Department: Sales/Marketing
Formula: (average monthly revenue per customer * total number of customers) * 12
Burn Rate
The company’s cash burn rate reveals whether the company is spending more than it is earning, and it also helps in calculating the cash runway. A high burn rate is a sign of overspending, while a low rate is an indication of financial stability.
Leadership and finance teams should keep an eye on it so that they can plan for sustainable growth.
Department: Finance
Formula: Cash payments – cash collections
In conclusion, consistently monitoring operational metrics and KPIs allows you to stay aware of how your business is performing and make data-backed decisions. The exact metrics you track may differ based on your sector and goals, and they can always be adjusted over time.
FAQs: Operational Metrics & KPIs
Here are quick answers to common questions about operational metrics and KPIs, and how they help business performance.
How frequently should KPIs be reviewed?
Depending on the metric, KPIs should be regularly reviewed. Operational KPIs such as churn rate and revenue trends may be reviewed weekly, whereas strategic KPIs are generally reviewed monthly or quarterly.
How to align KPIs with business strategy?
Directly align KPIs with strategic objectives, for example, by connecting CAC and CLV to growth targets.

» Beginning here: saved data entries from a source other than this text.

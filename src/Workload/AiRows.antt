-- ===== src/Workload/AiRows.antt =====
-- src/workload_model.cpp: the rows of the AI view.
use mtop.Base.{Bool, true, false, ◌&&◌, not, ◌==◌, ltb, leb, if◌then◌else◌, List, [], map, str}
use mtop.Base.Double.{Double}
use mtop.Base.Int.{ltb_ℤ}
use mtop.Base.Sort.{sort_by}
use mtop.Snapshot.{ProcessSnapshot, SystemSnapshot}
use mtop.Workload.Detector.{detect_workload_process}
use mtop.Workload.{WorkloadKind, WorkloadRole, AiProcessRow}

-- operator== on bool
abbrev pub same_bool : Bool → Bool → Bool
same_bool true b = b
same_bool false b = not b

module _ {F : Type 0} where
  -- the body of the loop
  unfoldable pub ai_row : ProcessSnapshot F → AiProcessRow F
  ai_row process =
      let detection = detect_workload_process process in
      let is_ai = leb 60 detection.confidence in
      record {
        process = process;
        detection = if is_ai then detection else record {
          kind = WorkloadKind.unknown;
          role = WorkloadRole.unknown;
          label = process.name;
          model_hint = [];
          reason = str "no AI workload signal";
          confidence = 0;
        };
        is_ai = is_ai;
      }

module _ {F : Type 0} ⦃d : Double F⦄ where
  unfoldable pub ai_less : AiProcessRow F → AiProcessRow F → Bool
  ai_less lhs rhs =
      if not (same_bool lhs.is_ai rhs.is_ai)
      then lhs.is_ai && not rhs.is_ai
      else if lhs.is_ai
          && rhs.is_ai
          && not (lhs.process.resident_bytes == rhs.process.resident_bytes)
      then ltb rhs.process.resident_bytes lhs.process.resident_bytes
      else if not (d.eq lhs.process.cpu_percent rhs.process.cpu_percent)
      then d.lt rhs.process.cpu_percent lhs.process.cpu_percent
      else ltb_ℤ lhs.process.pid rhs.process.pid

  unfoldable pub build_ai_process_rows : SystemSnapshot F → List (AiProcessRow F)
  build_ai_process_rows snapshot = sort_by ai_less (map ai_row snapshot.processes)
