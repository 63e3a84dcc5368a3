-- ===== src/Base/OrderedMap.antt =====
-- std::map: an association list in the order of its keys.
use mtop.Base.{Bool, List, [], ◌∷◌, Option, none, some, if◌then◌else◌}

module _ {K V : Type 0} where
  unfoldable pub find_key : (K → K → Bool) → K → List (K × V) → Option V
  find_key eq k [] = none
  find_key eq k ((j, v) ∷ m) = if eq j k then some v else find_key eq k m

  -- m[k] = v
  unfoldable pub put : (K → K → Bool) → (K → K → Bool) → K → V → List (K × V) → List (K × V)
  put eq lt k v [] = (k, v) ∷ []
  put eq lt k v ((j, w) ∷ m) =
      if eq j k
      then (k, v) ∷ m
      else if lt k j
      then (k, v) ∷ (j, w) ∷ m
      else (j, w) ∷ put eq lt k v m

  -- A change of the value m[k], which starts as `fresh` if the key is new.
  unfoldable pub upsert :
      (K → K → Bool) → (K → K → Bool) → K → V → (V → V) → List (K × V) → List (K × V)
  upsert eq lt k fresh f [] = (k, f fresh) ∷ []
  upsert eq lt k fresh f ((j, w) ∷ m) =
      if eq j k
      then (j, f w) ∷ m
      else if lt k j
      then (k, f fresh) ∷ (j, w) ∷ m
      else (j, w) ∷ upsert eq lt k fresh f m
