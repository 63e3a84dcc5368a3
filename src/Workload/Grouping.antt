-- ===== src/Workload/Grouping.antt =====
-- src/workload_model.cpp: the detected processes, and the keys by which they are grouped. Pointers to
-- processes are the processes.
use mtop.Base.{
  Bool, true, false, not, ◌&&◌, ◌||◌, ltb, if◌then◌else◌, List, [], ◌∷◌, ◌++◌, Option, none, some,
  is_nil, Bytes, str, beq,
}
use mtop.Base.Int.{ℤ, ltb_ℤ, eqb_ℤ, int_text}
use mtop.Base.OrderedMap.{find_key, put}
use mtop.Snapshot.{ProcessSnapshot}
use mtop.Workload.Detector.{detect_workload_process}
use mtop.Workload.{
  WorkloadKind, WorkloadRole, WorkloadDetection, ollama, manager, server, workload_kind_name,
}

pub record DetectedProcess (F : Type 0) : Type 0 where
  pub process : ProcessSnapshot F
  pub detection : WorkloadDetection

abbrev pub is_manager : WorkloadRole → Bool
is_manager manager = true
is_manager _ = false

abbrev pub is_server : WorkloadRole → Bool
is_server server = true
is_server _ = false

abbrev pub is_ollama : WorkloadKind → Bool
is_ollama ollama = true
is_ollama _ = false

-- a key's text: kind, mark and id
abbrev pub key_text : WorkloadKind → Bytes → Bytes → Bytes
key_text kind mark id = workload_kind_name kind ++ (mark ++ id)

-- operator== on kinds, by their names, which differ
abbrev pub same_kind : WorkloadKind → WorkloadKind → Bool
same_kind k l = beq (workload_kind_name k) (workload_kind_name l)

module _ {F : Type 0} where
  -- the loop over `detected_by_pid`: the manager that is the process or its parent
  unfoldable pub find_manager :
      ProcessSnapshot F → List (ℤ × DetectedProcess F) → Option (DetectedProcess F)
  find_manager process [] = none
  find_manager process ((_, parent) ∷ m) =
      if is_ollama parent.detection.kind
        && is_manager parent.detection.role
        && (eqb_ℤ process.parent_pid parent.process.pid || eqb_ℤ process.pid parent.process.pid)
      then some parent
      else find_manager process m

  own_key : DetectedProcess F → Bytes
  own_key item =
      if not (is_nil item.detection.model_hint)
      then key_text item.detection.kind (str ":model:") item.detection.model_hint
      else key_text item.detection.kind (str ":pid:") (int_text item.process.pid)

  family_key : DetectedProcess F → List (ℤ × DetectedProcess F) → Bytes
  unfolding own_key find_key
  family_key item by_pid = elim (find_key eqb_ℤ item.process.parent_pid by_pid) [
    | none ↦ own_key item
    | some parent ↦
        if same_kind parent.detection.kind item.detection.kind
        then key_text item.detection.kind (str ":parent:") (int_text parent.process.pid)
        else own_key item
  ]

  unfoldable pub grouping_key : DetectedProcess F → List (ℤ × DetectedProcess F) → Bytes
  unfolding family_key find_manager
  grouping_key item by_pid =
      if is_ollama item.detection.kind
      then elim (find_manager item.process by_pid) [
        | none ↦ family_key item by_pid
        | some parent ↦ key_text item.detection.kind (str ":manager:") (int_text parent.process.pid)
      ]
      else family_key item by_pid

  unfoldable pub better_representative : DetectedProcess F → Option (DetectedProcess F) → Bool
  better_representative candidate none = true
  better_representative candidate (some current) =
      if is_manager candidate.detection.role && not (is_manager current.detection.role)
      then true
      else if is_server candidate.detection.role
          && not (is_manager current.detection.role)
          && not (is_server current.detection.role)
      then true
      else ltb current.detection.confidence candidate.detection.confidence

module _ {F : Type 0} where
  -- the loop that skips what has a confidence below 0.60
  unfoldable pub detect_all : List (ProcessSnapshot F) → List (DetectedProcess F)
  detect_all [] = []
  detect_all (process ∷ processes) =
      let item : DetectedProcess F = record {
        process = process;
        detection = detect_workload_process process;
      } in
      if ltb (detect_workload_process process).confidence 60
      then detect_all processes
      else item ∷ detect_all processes

  index_from :
      List (ℤ × DetectedProcess F) → List (DetectedProcess F) → List (ℤ × DetectedProcess F)
  unfolding put
  index_from m [] = m
  index_from m (item ∷ items) = index_from (put eqb_ℤ ltb_ℤ item.process.pid item m) items

  -- `detected_by_pid`
  unfoldable pub index_by_pid : List (DetectedProcess F) → List (ℤ × DetectedProcess F)
  unfolding index_from
  index_by_pid = index_from []
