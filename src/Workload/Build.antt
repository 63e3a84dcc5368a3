-- ===== src/Workload/Build.antt =====
-- src/workload_model.cpp: the detected processes, grouped into workloads.
-- `grouped` and `representative` have the same keys: they are one map here, to a pair.
use mtop.Base.{
  Bool, false, not, ◌||◌, ◌==◌, ltb, if◌then◌else◌, List, [], ◌∷◌, ◌++◌, map, Option, none, some,
  is_nil, Bytes, str, beq, contains, string_less,
}
use mtop.Base.Double.{Double}
use mtop.Base.Int.{ℤ, ltb_ℤ, int_text}
use mtop.Base.OrderedMap.{upsert}
use mtop.Base.Sort.{sort_by}
use mtop.Snapshot.{SystemSnapshot, available, unavailable, add_u64}
use mtop.Workload.Grouping.{
  DetectedProcess, detect_all, index_by_pid, grouping_key, better_representative,
}
use mtop.Workload.{WorkloadKind, WorkloadProcessRef, WorkloadSnapshot, workload_kind_name}

unfoldable pub first_available_signal : Bytes → Bytes → Bytes
first_available_signal current next =
    if is_nil current
      || beq current (str "-")
      || beq current (str "n/a")
      || beq current (str "root")
      || beq current (str "wait")
      || beq current (str "stale")
      || beq current (str "parse")
      || beq current (str "denied")
    then if is_nil next then current else next
    else current

module _ {F : Type 0} where
  unfoldable pub make_id : WorkloadSnapshot F → Bytes
  make_id workload =
      let kind = workload_kind_name workload.kind ++ str ":" in
      if not (is_nil workload.model_hint)
      then kind ++ workload.model_hint
      else elim workload.processes [
        | [] ↦ kind ++ str "unknown"
        | front ∷ _ ↦ kind ++ int_text front.pid
      ]

-- A value of `grouped`, with that of `representative`.
pub record Group (F : Type 0) : Type 0 where
  pub workload : WorkloadSnapshot F
  pub representative : Option (DetectedProcess F)

abbrev pub ref_of : {F : Type 0} → DetectedProcess F → WorkloadProcessRef
ref_of item = record {
  pid = item.process.pid;
  parent_pid = item.process.parent_pid;
  role = item.detection.role;
  detection_confidence = item.detection.confidence;
  command = item.process.command;
}

abbrev pub label_of : {F : Type 0} → DetectedProcess F → Bytes
label_of item = if is_nil item.detection.label then item.process.name else item.detection.label

module _ {F : Type 0} ⦃d : Double F⦄ where
  abbrev pub new_group : Group F
  new_group = record {
    workload = record {
      id = [];
      name = [];
      kind = WorkloadKind.unknown;
      model_hint = [];
      processes = [];
      cpu_percent = d.of_nat 0;
      memory_percent = d.of_nat 0;
      resident_bytes = 0;
      virtual_bytes = 0;
      gpu_active = false;
      core_mix = str "-";
      io = str "-";
      power = str "-";
      detection_status = record { availability = unavailable; reason = []; age_ms = 0 };
    };
    representative = none;
  }

  -- `if (workload.processes.empty()) … else …`
  unfoldable pub describe :
      DetectedProcess F → List WorkloadProcessRef → WorkloadSnapshot F → WorkloadSnapshot F
  describe item [] workload = record workload {
    kind = item.detection.kind;
    model_hint = item.detection.model_hint;
    name = label_of item;
    core_mix = item.process.core_mix;
    io = item.process.io;
    power = item.process.power;
    detection_status = record workload.detection_status {
      availability = available;
      reason = item.detection.reason;
    };
  }
  describe item (_ ∷ _) workload = record workload {
    model_hint =
        if is_nil workload.model_hint then item.detection.model_hint else workload.model_hint;
    io = first_available_signal workload.io item.process.io;
    power = first_available_signal workload.power item.process.power;
    core_mix =
        if is_nil workload.core_mix || beq workload.core_mix (str "-")
        then item.process.core_mix
        else workload.core_mix;
    detection_status = record workload.detection_status {
      reason =
          if contains workload.detection_status.reason item.detection.reason
          then workload.detection_status.reason
          else workload.detection_status.reason ++ (str "; " ++ item.detection.reason);
    };
  }

  -- the `push_back` and the sums
  unfoldable pub accumulate : DetectedProcess F → WorkloadSnapshot F → WorkloadSnapshot F
  accumulate item workload = record workload {
    processes = workload.processes ++ (ref_of item ∷ []);
    cpu_percent = d.add workload.cpu_percent item.process.cpu_percent;
    memory_percent = d.add workload.memory_percent item.process.memory_percent;
    resident_bytes = add_u64 workload.resident_bytes item.process.resident_bytes;
    virtual_bytes = add_u64 workload.virtual_bytes item.process.virtual_bytes;
    gpu_active = workload.gpu_active || item.process.gpu_active;
  }

  unfoldable pub represent : DetectedProcess F → WorkloadSnapshot F → WorkloadSnapshot F
  represent item workload = record workload {
    name = label_of item;
    model_hint =
        if is_nil item.detection.model_hint then workload.model_hint else item.detection.model_hint;
    detection_status = record workload.detection_status { reason = item.detection.reason };
  }

  -- the body of the loop, on the values at the item's key
  unfoldable pub add_item : DetectedProcess F → Group F → Group F
  unfolding describe accumulate represent
  add_item item group =
      let described = describe item group.workload.processes group.workload in
      let workload = accumulate item described in
      if better_representative item group.representative
      then record { workload = represent item workload; representative = some item }
      else record { workload = workload; representative = group.representative }

  unfoldable pub group_items :
      List (ℤ × DetectedProcess F)
      → List (DetectedProcess F)
      → List (Bytes × Group F)
      → List (Bytes × Group F)
  group_items by_pid [] groups = groups
  group_items by_pid (item ∷ items) groups =
      group_items by_pid items
        (upsert beq string_less (grouping_key item by_pid) new_group (add_item item) groups)

unfoldable pub ref_less : WorkloadProcessRef → WorkloadProcessRef → Bool
ref_less lhs rhs = ltb_ℤ lhs.pid rhs.pid

module _ {F : Type 0} where
  unfoldable pub workload_less : WorkloadSnapshot F → WorkloadSnapshot F → Bool
  workload_less lhs rhs =
      if not (lhs.resident_bytes == rhs.resident_bytes)
      then ltb rhs.resident_bytes lhs.resident_bytes
      else string_less lhs.name rhs.name

  -- sort the processes, then name the workload
  unfoldable pub finish : Group F → WorkloadSnapshot F
  finish group =
      let sorted = record group.workload {
        processes = sort_by ref_less group.workload.processes;
      } in
      record sorted { id = make_id sorted }

module _ {F : Type 0} ⦃d : Double F⦄ where
  unfoldable pub build_workloads : SystemSnapshot F → List (WorkloadSnapshot F)
  build_workloads snapshot =
      let detected = detect_all snapshot.processes in
      let groups = group_items (index_by_pid detected) detected [] in
      sort_by workload_less (map (λ kg. finish kg.1) groups)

Involving teams in KPI selection helps ensure ownership and keeps the metrics relevant to them.
How to select the right KPIs?
When choosing the KPIs, pick about 5-10 such metrics that highlight the features of the industry you are in (e.g., inventory turnover for retail) and make sure that they are specific, measurable, achievable, relevant, and time-bound.
How do operational KPIs affect team productivity?
Operational KPIs reveal inefficiencies, for example, a low number of sales calls limiting revenue growth, thus giving the sales team a cause to organize training sessions or look for process improvements to increase their productivity.
Can operational metrics reduce costs?
Yes, keeping an eye on gross profit margin and COGS will help you spot waste, and at the same time, if you optimize inventory turnover, you will free up capital that is unnecessarily tied up in inventory.
What are the leading indicators of operational risk?
An increase in the churn rate, a decrease in ARR, or a faster burn rate are clear signs of risk and can be avoided by planning the cash runway ahead of time.
How to handle underperforming KPIs?
For underperforming KPIs, you should discover the root causes, decide on targeted measures, and keep track of progress to get better results.